JEE Mains · Maths · STD 12 - 7.1 indefinite integral
If \(\int {\frac{{dx}}{{{{\left( {{x^2} - 2x + 10} \right)}^2}}} = A\left( {{{\tan }^{ - 1}}\left( {\frac{{x - 1}}{3}} \right) + \frac{{f\left( x \right)}}{{{x^2} - 2x + 10}}} \right)} + C\) Where \(C\) is a constant of integration, then
- A \(A = \frac{1}{{27}}\) and \(f(x) = -(x - 1)\)
- B \(A = \frac{1}{{54}}\) and \(f(x) = 9(x - 1)^2\)
- C \(A = \frac{1}{{54}}\) and \(f(x) = 3(x - 1)\)

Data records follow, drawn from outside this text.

-- ===== src/Sip/Negotiation.antt =====
-- internal/sip/sip_handler.go: `negotiateStream`, which picks codec, packet time and DTMF payload
-- type out of an offer.
pub mod Answer
pub mod Preference
use tele_portal.Audio.Codec.{
  Codec, CodecError, CodecName, Stream, l16, new_codec_g711_a_law, new_codec_g711_mu_law,
  new_codec_l16, pass, pcma, pcmu, unnamed,
}
use tele_portal.Common.{
  Bool, List, Option, [], false, if◌then◌else◌, none, not, some, true, ℕ, ◌&&◌, ◌∷◌,
}
use tele_portal.Common.Int.{negsuc, pos, ℤ}
use tele_portal.Common.Result.{Result, err, ok}
use tele_portal.Common.Text.{Text, codes, itoa, same_text}
use tele_portal.Sip.Offer.{
  DynamicType, MediaDescription, SessionDescription, audio_media, get_dynamic_pt, has_format,
  ptime_of,
}

pub data NegotiationError : Type 0 where
  no_audio_media no_supported_codec : NegotiationError
  codec_failed : CodecError → NegotiationError

-- The variables `codec`, `err` and `found`.
pub record Choice : Type 0 where
  pub codec : Codec
  pub error : Option CodecError
  pub found : Bool

-- The zero value `audio.Codec{}`.
unfoldable pub zero_codec : Codec
zero_codec = record {
  name = unnamed;
  bytes_per_sample = 0;
  sample_rate = 0;
  channels = 0;
  payload_type = 0;
  is_big_endian = false;
  is_signed = false;
}

unfoldable pub nothing_yet : Choice
nothing_yet = record { codec = zero_codec; error = none; found = false }

-- A rate or a channel count below 0 is as invalid as 0.
abbrev pub clamp : ℤ → ℕ
clamp (pos n) = n
clamp (negsuc n) = 0

abbrev pub l16_codec : DynamicType → Result CodecError Codec
l16_codec d = new_codec_l16 d.payload_type (clamp d.rate) (clamp d.channels) true true

-- `codec, err = audio.NewCodecL16(…)`, and `found = true` without an error.
abbrev pub take_l16 : Result CodecError Codec → Choice → Choice
take_l16 (ok codec) c = record { codec = codec; error = none; found = true }
take_l16 (err e) c = record { codec = zero_codec; error = some e; found = c.found }

-- The loop over the formats in pass-through mode: it goes on after an error.
unfoldable pub l16_pass : DynamicType → List Text → Choice → Choice
l16_pass d [] c = c
l16_pass d (f ∷ fs) c =
    let tried = take_l16 (l16_codec d) c in
    let rest = l16_pass d fs (if same_text f (itoa d.payload_type) then tried else c) in
    if same_text f (itoa d.payload_type) && tried.found then tried else rest

-- The loop for a configured L16: it ends at the first match.
unfoldable pub l16_strict : DynamicType → List Text → Choice → Choice
l16_strict d [] c = c
l16_strict d (f ∷ fs) c =
    let rest = l16_strict d fs c in
    if same_text f (itoa d.payload_type) then take_l16 (l16_codec d) c else rest

abbrev pub try_l16 :
    (DynamicType → List Text → Choice → Choice) → MediaDescription → Choice → Choice
try_l16 loop m c = elim (get_dynamic_pt (codes "L16") m.attributes) [
  | some d ↦ loop d m.formats c
  | none ↦ c
]

-- A codec with a static payload type; `err` keeps its value.
abbrev pub try_static : Codec → MediaDescription → Choice → Choice
try_static codec m c =
    if c.found
    then c
    else if has_format codec.payload_type m.formats
    then record c { codec = codec; found = true }
    else c

-- The codec for the configured codec of the WebSocket.
unfoldable pub choose : CodecName → MediaDescription → Choice
choose pass m =
    try_static new_codec_g711_a_law m
      (try_static new_codec_g711_mu_law m (try_l16 l16_pass m nothing_yet))
choose l16 m =
    try_static new_codec_g711_a_law m
      (try_static new_codec_g711_mu_law m (try_l16 l16_strict m nothing_yet))
choose pcmu m = try_static new_codec_g711_mu_law m nothing_yet
choose pcma m = try_static new_codec_g711_a_law m nothing_yet
choose _ m = nothing_yet

-- The telephone-event payload type, 0 without one among the formats.
unfoldable pub dtmf_type : MediaDescription → ℕ
dtmf_type m = elim (get_dynamic_pt (codes "telephone-event") m.attributes) [
  | some d ↦ if has_format d.payload_type m.formats then d.payload_type else 0
  | none ↦ 0
]

abbrev pub stream_of : MediaDescription → Choice → Stream
stream_of m c = record {
  codec = c.codec;
  ptime = ptime_of m.attributes;
  dtmf_payload_type = dtmf_type m;
}

abbrev pub conclude : MediaDescription → Choice → Result NegotiationError Stream
conclude m c =
    if not c.found
    then err no_supported_codec
    else elim c.error [ some e ↦ err (codec_failed e) | none ↦ ok (stream_of m c) ]

unfoldable pub negotiate_stream : CodecName → SessionDescription → Result NegotiationError Stream
negotiate_stream ws_codec offer = elim (audio_media offer.media_descriptions) [
  | none ↦ err no_audio_media
  | some m ↦ conclude m (choose ws_codec m)
]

- D \(A = \frac{1}{{81}}\) and \(f(x) = 3(x - 1)\)
Answer & Solution
Correct Answer
(C) \(A = \frac{1}{{54}}\) and \(f(x) = 3(x - 1)\)
Step-by-step Solution
Detailed explanation
\(\int \frac{d x}{\left(x^{2}-2 x+10\right)^{2}}=\int \frac{d x}{\left((x-1)^{21}+9\right)^{2}}\) \(\text { Let } x-1=3 \tan \theta\) \({\mathrm{d} x=3 \sec ^{2} \theta \mathrm{d} \theta} \) \(\therefore \frac{1}{{27}}\int {{{\cos }^2}} \theta {\rm{d}}\theta \)…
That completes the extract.